My friend was still in bed when I finally decided to roust him at about 11 AM. Knowing that the crude lout slept _au natural_ (without skivvies for those of you who are French challenged)....I pounded on the door to his room and waited for him to start grumbling coherently. After a few minutes I heard him yell....'Oh sh*t! Get in here!!'. I opened the door to see my snake-hunting buddy standing in the middle of the floor gazing down at his crotch with fear in his eyes. Sitting on the floor next to his bed was the styrofoam cup....with a hole chewed completely through it. Yep....you guessed it....the poor lout had stripped out of his clothes and then gone to bed. When I woke him up he simply reached down...grabbed his undershorts from the floor....and pulled them on. It was only when he got them to waist level that he realized that he had an unwelcomed hitch-hiker....which was now firmly nestled up right against his testicles.

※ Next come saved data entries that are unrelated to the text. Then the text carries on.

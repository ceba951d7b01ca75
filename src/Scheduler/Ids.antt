-- ===== src/Scheduler/Ids.antt =====
-- Lists of ids: which numbers are in one, and how many they are.
use icsa_artifact.Base.{
  ℕ, ◌<◌, ◌≡◌, refl, Bool, false, ◌||◌, ◌==◌, List, [], ◌∷◌, if◌then◌else◌, arith, length,
}
use icsa_artifact.Scheduler.{is_in}
use icsa_artifact.Workers.Sum.{sum, sum_change, sum-eq-zero}

abbrev pub mark : Bool → ℕ
mark b = if b then 1 else 0

-- No number twice, and all below `n`.
abbrev pub DistinctBelow : ℕ → List ℕ → Type 0
DistinctBelow n [] = Unit
DistinctBelow n (x ∷ xs) = (x < n) × (is_in xs x ≡ false) × DistinctBelow n xs

pub sum-is_in :
    (n : ℕ) (xs : List ℕ) → DistinctBelow n xs → sum (λ i. mark (is_in xs i)) n ≡ length xs
unfolding is_in
sum-is_in n [] d = sum-eq-zero (λ i. 0) n (λ j h. refl)
sum-is_in n (x ∷ xs) (below, fresh, d) = omega (
  arith,
  sum-is_in n xs d,
  sum_change (λ i. mark (is_in xs i)) (λ i. mark (x == i || is_in xs i)) n x below
      (λ j ne. ground arith),
  at_x,
)
  where
    at_x : (mark (is_in xs x) ≡ 0) × (mark (x == x || is_in xs x) ≡ 1)
    at_x = ground arith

Needless to say....I wasn't in the slightest bit interested in helping him to remove said arachnid from his family jewels. I did stand ready with a set of forceps to snare the invertebrate offender once my mortified friend managed to coax it from his genitals. Moving slowly and very gingerly my friend managed to ease his shorts down to his knees....revealing a rather peeved looking solpugid. With a rapid flick of his hand he managed to send the 'bug' flying (and whacked the hell out of his balls in the process). Before the stunned beastie could react I quickly snagged it with the forceps and forcibly ejected it from the room.

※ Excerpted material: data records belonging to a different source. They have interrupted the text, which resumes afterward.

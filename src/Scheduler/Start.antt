-- ===== src/Scheduler/Start.antt =====
-- The state from which the threads of a node set out.
use icsa_artifact.Base.{
  ℕ, ◌<◌, ◌≡◌, refl, ◌∙◌, false, Option, some, List, [], arith, length, get_or, length-replicate,
}
use icsa_artifact.Base.Int.{pos, negsuc, ◌-ℤ◌}
use icsa_artifact.Text.{Text}
use icsa_artifact.Dag.{DagModule, createfollower}
use icsa_artifact.Dag.Grid.{get_or-replicate}
use icsa_artifact.Dag.Follower.{same_matrix, follower-IsSquare}
use icsa_artifact.Workers.Sum.{sum, sum-le}
use icsa_artifact.Workers.{start}
use icsa_artifact.Workers.Block.{edges}
use icsa_artifact.Scheduler.{
  Component, Scheduler, column_sum, process_indegree, is_in, extract_components, extract_block,
}
use icsa_artifact.Scheduler.Ids.{mark, DistinctBelow, sum-is_in}
use icsa_artifact.Scheduler.Share.{
  own_ids, FreshIds, take_components-dag, process_indegree-completed, process_indegree-in_degree,
  column_sum-sum,
}

module _ (parse : Text → Option (List Text × List Text)) (order : List ℕ) (headers : List Text)
    (threads : ℕ) (dag : DagModule) where
  abbrev fresh_dag : DagModule
  fresh_dag = createfollower parse order headers threads dag

  column_sum-follower :
      (i : ℕ)
      → dag.adjacency_matrix ≡ []
      → column_sum fresh_dag.adjacency_matrix i
        ≡ sum (λ p. edges parse order headers threads dag p i) (length headers)
  column_sum-follower i no_matrix =
      column_sum-sum fresh_dag.adjacency_matrix i
      ∙ rw (
        (follower-IsSquare parse order headers threads dag no_matrix).height,
        same_matrix parse order headers threads dag,
      )

  length-in_degree : length fresh_dag.in_degree ≡ length headers
  unfolding createfollower
  length-in_degree = length-replicate (length headers) (negsuc 0)

  in_degree-follower :
      (i : ℕ) → i < length headers → get_or fresh_dag.in_degree i (negsuc 0) ≡ negsuc 0
  unfolding createfollower
  in_degree-follower i h = get_or-replicate (length headers) i (negsuc 0) (negsuc 0) h

  completed-follower : fresh_dag.completed_txns ≡ pos (length headers)
  unfolding createfollower
  completed-follower = refl

  -- The ids `ids` of `n` transactions are taken.
  module _ (ids : List ℕ) where
    taken_in_degree :
        (i : ℕ)
        → dag.adjacency_matrix ≡ []
        → i < length headers
        → get_or (process_indegree ids fresh_dag).in_degree i (negsuc 0)
          ≡ (start (length headers) (edges parse order headers threads dag) (is_in ids)).in_degree i
    unfolding start
    taken_in_degree i no_matrix h =
        process_indegree-in_degree ids fresh_dag i (negsuc 0) (omega (arith, length-in_degree))
        ∙ rw (column_sum-follower i no_matrix, in_degree-follower i h)

    taken_completed :
        DistinctBelow (length headers) ids
        → (process_indegree ids fresh_dag).completed_txns
          ≡ pos
              (start (length headers) (edges parse order headers threads dag) (is_in ids)).completed
    unfolding start ◌-ℤ◌
    taken_completed distinct =
        process_indegree-completed ids fresh_dag
        ∙ rw completed-follower (
            ground (
              arith,
              sum-is_in (length headers) ids distinct,
              sum-le (λ i. mark (is_in ids i)) (length headers) (λ i. ground arith),
            ))

-- On a scheduler whose module has no matrix, if the ids of the components in the table differ from
-- each other and from those already processed, and the transactions assigned to this node are
-- different positions of the block, then `extract_block` followed by `extract_components` leaves the
-- in-degrees and the count of completed transactions from which the threads set out (`start`), for
-- the matrix that `create` fills.
pub components_start :
    (parse : Text → Option (List Text × List Text)) (order : List ℕ) (headers : List Text)
    (table : List Component) (node_id : ℕ) (s : Scheduler)
    → s.dag.adjacency_matrix ≡ []
    → FreshIds s.processed_components table
    → DistinctBelow (length headers) (own_ids node_id table)
    → let n = length headers in
      let s' =
        extract_components (some table) node_id (extract_block parse order (some headers) s) in
      let first =
        start n (edges parse order headers s.thread_count s.dag) (is_in (own_ids node_id table)) in
      ((i : ℕ) → i < n → get_or s'.dag.in_degree i (negsuc 0) ≡ first.in_degree i)
      × (s'.dag.completed_txns ≡ pos first.completed)
unfolding extract_components extract_block
components_start parse order headers table node_id s no_matrix fresh distinct =
    rw (take_components-dag false node_id table (extract_block parse order (some headers) s) fresh)
      (
        λ i h.
            taken_in_degree parse order headers s.thread_count s.dag (own_ids node_id table) i
              no_matrix h,
        taken_completed parse order headers s.thread_count s.dag (own_ids node_id table) distinct,
      )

This is a true story.....never underestimate the chelicera power of a solpugid. I can only imagine the damage it would have done had my friend not exercised really good judgement while extricating himself from that situation. I shudder to think how I would have reacted if the damned thing had been sitting on MY testicles!!! Yeeeeeeesh!!!


----------



## piranha45 (Apr 8, 2003)

eeeeesh


----------



## Kreth 10RBP (Dec 5, 2003)

Fruitbat said:


> I have a fun story to relate concerning a solpugid....
> 
> Back in the early '70s...in the days of the Great West Texas _Lampropeltis mexicana_ gatherings around the Big Bend National Park...a friend of mine captured a large (3 inch) solpugid crossing the road at night while we were out snake collecting. Having no suitable container for the fearsome arachnid, he scooped it into a styrofoam cup and covered the open top tightly. When we returned to the Study Butte Motel late that night after hours of cruising the area's roads we were both pretty tired so we grabbed our captives (a number of pillow cases containing reptiles and the cup containing the solpugid), took them to his room and set them on a chair next to his bed. I adjourned to my own room and slept soundly.
> 
> ...


 god... for any of you that are into extreme human abuse, you know that a self inflicted blow to the testicles (after the first time) is something that only should happen in the case of life or death... i remember the first time i tried it... it was dark in my room and the only thing i could think about was the pain... although your situation might have been advantageous to kick him sqaure in the nuts and say you were aiming for the spider


----------



## Atlanta Braves Baby! (Mar 12, 2003)

Damn that thing is scary!


----------



## Kory (Jun 5, 2003)

lol that is some funny stuff fruitbat.


----------



## thePACK (Jan 3, 2003)

all cleaned up and ready for business..proceed


----------



## Atlanta Braves Baby! (Mar 12, 2003)

Holly old thread


----------



## devildog/usmc (May 7, 2005)

brings back some memories


----------



## devildog/usmc (May 7, 2005)

when you go to iraq they give you a in country brief. one of the topics is camel spiders .if a camel spider bites you ,you would never feel it.it has two set of fangs one for eating and one that injects something that makes the bite go numb.my buddy got bit in the back and didnt know it till someone saw it.the bite kinda looks like the skin is rotting. we would find these spider in mouse traps all the time. a couple of times we would put camel spiders with scorpions.the spiders would always kill the scorpions


----------